Think about how you would calculate 2^1000 by hand. You'd start with 2^1 and multiply by two repeatedly. Now notice that the number of digits of powers of two increase by 1 for AT LEAST every 3 powers (could be after 4 powers like with 1024 to 8192). So make a jagged 2D array like this
int a[][]= new int[1000][];
for(int i=0;i<1000;i++)
{
a[i]= new int[1+(i/3)];
}
Then initialize a[0][0] to 2. After this, you want to write a for loop such that each row is filled from the rightmost spot. So make two variables "digit" and "carry". Digit is the number that you will input into the row you're working on, and the carry is the one you're going to take to the next calculation and add to the product of 2 and whatever digit you're multiplying it with. Be careful with the order you update digit and carry and reinitialize them to zero after every calculation. I think the hardest part is coming up with the limits for the for loop, so that it fits with the every 3 powers thing. You can make this simpler by just making a triangular jagged array that increments by one every row. I did it like this though.
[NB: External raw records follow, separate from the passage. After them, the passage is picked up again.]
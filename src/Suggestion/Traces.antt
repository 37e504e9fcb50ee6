-- ===== src/Suggestion/Traces.antt =====
-- Sequences of events on the detail page.
use profit_decision_engine.Prelude.{
  String, List, [], ◌∷◌, ◌++◌, Option, none, some, Bool, true, ◌≡◌, refl, arith, inl, inr,
  Bool-cases, Option-cases, ◌∙◌,
}
use profit_decision_engine.Api.{Request}
use profit_decision_engine.Suggestion.Feedback.{Browser, Failure, Outcome, updated, refused}
use profit_decision_engine.Suggestion.Page.{
  DetailPage, Event, step, answer, requests, press_submit_review, submit_review, sent_by,
  press_ai_retry, shows_operations, shows_supervision, chose, wrote, edited_operations,
  edited_supervision, pressed_review, pressed_ai_retry, pressed_operation, pressed_supervision,
  answered, Command, reviewed, ai_retried, executed, result_saved, clearance_submitted, sent,
  resent, overridden, terminated, decided,
}
use profit_decision_engine.Suggestion.Allowed.{Allowed}
use profit_decision_engine.Suggestion.Commands.{step-Allowed}

-- The texts that the user typed, and the chosen decision is kept beside them.
abbrev pub inputs : DetailPage → List String
inputs page =
    let o = page.operating in
    let s = page.supervising in
    page.note ∷ o.business_note ∷ o.inventory_note ∷ o.result_note ∷ o.period_start ∷ o.period_end
    ∷ o.sales ∷ o.profit ∷ o.stock ∷ o.completed_at ∷ o.clearance_note ∷ o.oa_recipient
    ∷ o.oa_request ∷ s.business_action ∷ s.inventory_action ∷ s.reason ∷ s.return_reason ∷ []

module _ (browser : Browser) where
  -- An error keeps the shown detail, and no answer changes what the user has typed or chosen.
  pub answer-inputs :
      (command : Command) (outcome : Outcome) (page : DetailPage)
      → (inputs (answer browser command outcome page) ≡ inputs page)
        × ((answer browser command outcome page).review_choice ≡ page.review_choice)
        × ((failure : Failure)
            → outcome ≡ refused failure
            → (answer browser command outcome page).detail ≡ page.detail)
  unfolding answer
  answer-inputs reviewed (updated d) page = (refl, refl, λ f e. cc)
  answer-inputs reviewed (refused g) page = (refl, refl, λ f e. refl)
  answer-inputs ai_retried (updated d) page = (refl, refl, λ f e. cc)
  answer-inputs ai_retried (refused g) page = (refl, refl, λ f e. refl)
  answer-inputs executed (updated d) page = (refl, refl, λ f e. cc)
  answer-inputs executed (refused g) page = (refl, refl, λ f e. refl)
  answer-inputs result_saved (updated d) page = (refl, refl, λ f e. cc)
  answer-inputs result_saved (refused g) page = (refl, refl, λ f e. refl)
  answer-inputs clearance_submitted (updated d) page = (refl, refl, λ f e. cc)
  answer-inputs clearance_submitted (refused g) page = (refl, refl, λ f e. refl)
  answer-inputs sent (updated d) page = (refl, refl, λ f e. cc)
  answer-inputs sent (refused g) page = (refl, refl, λ f e. refl)
  answer-inputs resent (updated d) page = (refl, refl, λ f e. cc)
  answer-inputs resent (refused g) page = (refl, refl, λ f e. refl)
  answer-inputs overridden (updated d) page = (refl, refl, λ f e. cc)
  answer-inputs overridden (refused g) page = (refl, refl, λ f e. refl)
  answer-inputs terminated (updated d) page = (refl, refl, λ f e. cc)
  answer-inputs terminated (refused g) page = (refl, refl, λ f e. refl)
  answer-inputs decided (updated d) page = (refl, refl, λ f e. cc)
  answer-inputs decided (refused g) page = (refl, refl, λ f e. refl)

  press_submit_review-mode :
      (agreed : Bool) (page : DetailPage)
      → (press_submit_review browser agreed page).0.history_mode ≡ page.history_mode
  unfolding press_submit_review submit_review
  press_submit_review-mode agreed page = ground arith

  press_ai_retry-mode :
      (page : DetailPage) → (press_ai_retry browser page).0.history_mode ≡ page.history_mode
  unfolding press_ai_retry
  press_ai_retry-mode page = ground arith

  answer-mode :
      (command : Command) (outcome : Outcome) (page : DetailPage)
      → (answer browser command outcome page).history_mode ≡ page.history_mode
  unfolding answer
  answer-mode reviewed outcome page = refl
  answer-mode ai_retried outcome page = refl
  answer-mode executed outcome page = refl
  answer-mode result_saved outcome page = refl
  answer-mode clearance_submitted outcome page = refl
  answer-mode sent outcome page = refl
  answer-mode resent outcome page = refl
  answer-mode overridden outcome page = refl
  answer-mode terminated outcome page = refl
  answer-mode decided outcome page = refl

  step-mode :
      (event : Event) (page : DetailPage)
      → (step browser event page).0.history_mode ≡ page.history_mode
  unfolding step
  step-mode (chose d) page = refl
  step-mode (wrote t) page = refl
  step-mode (edited_operations p) page = refl
  step-mode (edited_supervision p) page = refl
  step-mode (pressed_review agreed) page = press_submit_review-mode agreed page
  step-mode pressed_ai_retry page = press_ai_retry-mode page
  step-mode (pressed_operation o) page = elim (Bool-cases (shows_operations page)) [
    | inl h ↦ rw h refl
    | inr h ↦ rw h refl
  ]
  step-mode (pressed_supervision s) page = elim (Bool-cases (shows_supervision page)) [
    | inl h ↦ rw h refl
    | inr h ↦ rw h refl
  ]
  step-mode (answered c o) page = answer-mode c o page

  -- In history mode, nothing that is allowed could be sent.
  history-not-Allowed :
      (page : DetailPage) (r : Request) → page.history_mode ≡ true → ¬ Allowed browser page r
  history-not-Allowed page r h (Allowed.review a _ _ _) = cc (h, a.current)
  history-not-Allowed page r h (Allowed.override a _ _ _) = cc (h, a.current)
  history-not-Allowed page r h (Allowed.terminate a _ _ _) = cc (h, a.current)
  history-not-Allowed page r h (Allowed.review_clearance a _ _ _ _ _ _) = cc (h, a.current)
  history-not-Allowed page r h (Allowed.execute_business a _ _ _) = cc (h, a.current)
  history-not-Allowed page r h (Allowed.execute_inventory a _ _ _) = cc (h, a.current)
  history-not-Allowed page r h (Allowed.save_result a _ _ _ _) = cc (h, a.current)
  history-not-Allowed page r h (Allowed.submit_clearance a _ _ _ _) = cc (h, a.current)
  history-not-Allowed page r h (Allowed.send_oa a _ _ _ _) = cc (h, a.current)
  history-not-Allowed page r h (Allowed.retry_oa a _ _ _ _ _) = cc (h, a.current)
  history-not-Allowed page r h (Allowed.retry_ai c _ _) = cc (h, c)

  step-history :
      (event : Event) (page : DetailPage)
      → page.history_mode ≡ true
      → (step browser event page).1 ≡ none
  step-history event page h = elim (Option-cases (step browser event page).1) [
    | inl e ↦ e
    | inr (r, e) ↦ absurd (history-not-Allowed page r h (step-Allowed browser page event r e))
  ]

  sent_by-none :
      (p : DetailPage × Option Request) (rest : List Request)
      → p.1 ≡ none
      → sent_by browser p rest ≡ rest
  sent_by-none (q, none) rest e = refl
  sent_by-none (q, some r) rest e = cc

  -- A page in history mode sends no request, whatever is typed, pressed or answered.
  pub requests-history_mode :
      (page : DetailPage) (events : List Event)
      → page.history_mode ≡ true
      → requests browser page events ≡ []
  unfolding requests
  requests-history_mode page [] h = refl
  requests-history_mode page (event ∷ rest) h =
      sent_by-none (step browser event page) _ (step-history event page h)
      ∙ requests-history_mode (step browser event page).0 rest (step-mode event page ∙ h)

  -- The page after a sequence of events.
  abbrev pub page_after : DetailPage → List Event → DetailPage
  page_after page [] = page
  page_after page (event ∷ events) = page_after (step browser event page).0 events

  -- The request is sent by one of the events, on the page that the events before it leave, where it
  -- is allowed.
  pub record SentFrom (page : DetailPage) (events : List Event) (r : Request) : Type 0 where
    pub before : List Event
    pub event : Event
    pub rest : List Event
    pub split : events ≡ before ++ (event ∷ rest)
    pub sent : (step browser event (page_after page before)).1 ≡ some r
    pub allowed : Allowed browser (page_after page before) r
Here's my whole code.
import java.util.*;
public class ProjectEuler16
{
public static void main(String[] args)
{
long t1=System.currentTimeMillis();
ProjectEuler16 obj = new ProjectEuler16();
System.out.println(obj.bigNumHandler());
long t2= System.currentTimeMillis();
System.out.println(t2-t1);
}
int bigNumHandler()
{
int a[][] = new int[1000][];
for(int i=0;i<1000;i++)
{
a[i]= new int[1+(i/3)];
}
a[0][0]=2;
for(int i=1;i<1000;i++)
{
int carry=0;
int digit=0;
int f=0;
if(i%3==0)
{
f=1;
}
for(int j=a[i-1].length-1+f;j>=0;j--)
{
if(j==0&f==1)
{
a[i][0]=carry;
}
else
{
digit=((2*a[i-1][j-f])+carry)%10;
carry=((2*a[i-1][j-f])+carry)/10;
a[i][j]=digit;
}
}
}
int sum=0;
for(int k=0;k<a[999].length;k++)
{
sum=sum+a[999][k];
}
return sum;
}
}
Note that the last row lists the digits for 2^1000.I think you can figure out how to sum the digits. The program took about 5 seconds to come up with the answer.
solution::::
import java.math.BigInteger;
public class PR9 {
/**
* #param args
*/
public static void main(String[] args) {
// TODO Auto-generated method stub
BigInteger zero=BigInteger.valueOf(0);
BigInteger ten=BigInteger.valueOf(10);
BigInteger sum=zero;
BigInteger a = new BigInteger("2").pow(1000);
while(a.compareTo(zero)>0){
sum=sum.add(a.mod(ten));
a=a.divide(ten);
}
System.out.println(sum);
}
}
output:::::
1366
import java.math.BigInteger;
public class P16 {
public static BigInteger digitSum(int n) {
BigInteger sum = BigInteger.ZERO;
BigInteger number = new BigInteger("2").pow(n);
while (number.compareTo(BigInteger.ZERO) == 1) {
BigInteger remainder = number.remainder(BigInteger.TEN);
sum = sum.add(remainder);
number = number.divide(BigInteger.TEN);
}
return sum;
}
public static void main(String[] args) {
final double START = System.nanoTime();
System.out.println(digitSum(Integer.parseInt(args[0])));
final double DURATION = System.nanoTime() - START;
System.out.println("Duration: " + DURATION / 1000000 + "ms.");
}
}
While there maybe a way of solving this problem without the use of BigIntegers, it is clear that they make the code run way faster.
Mine only took about 4ms to find an answer.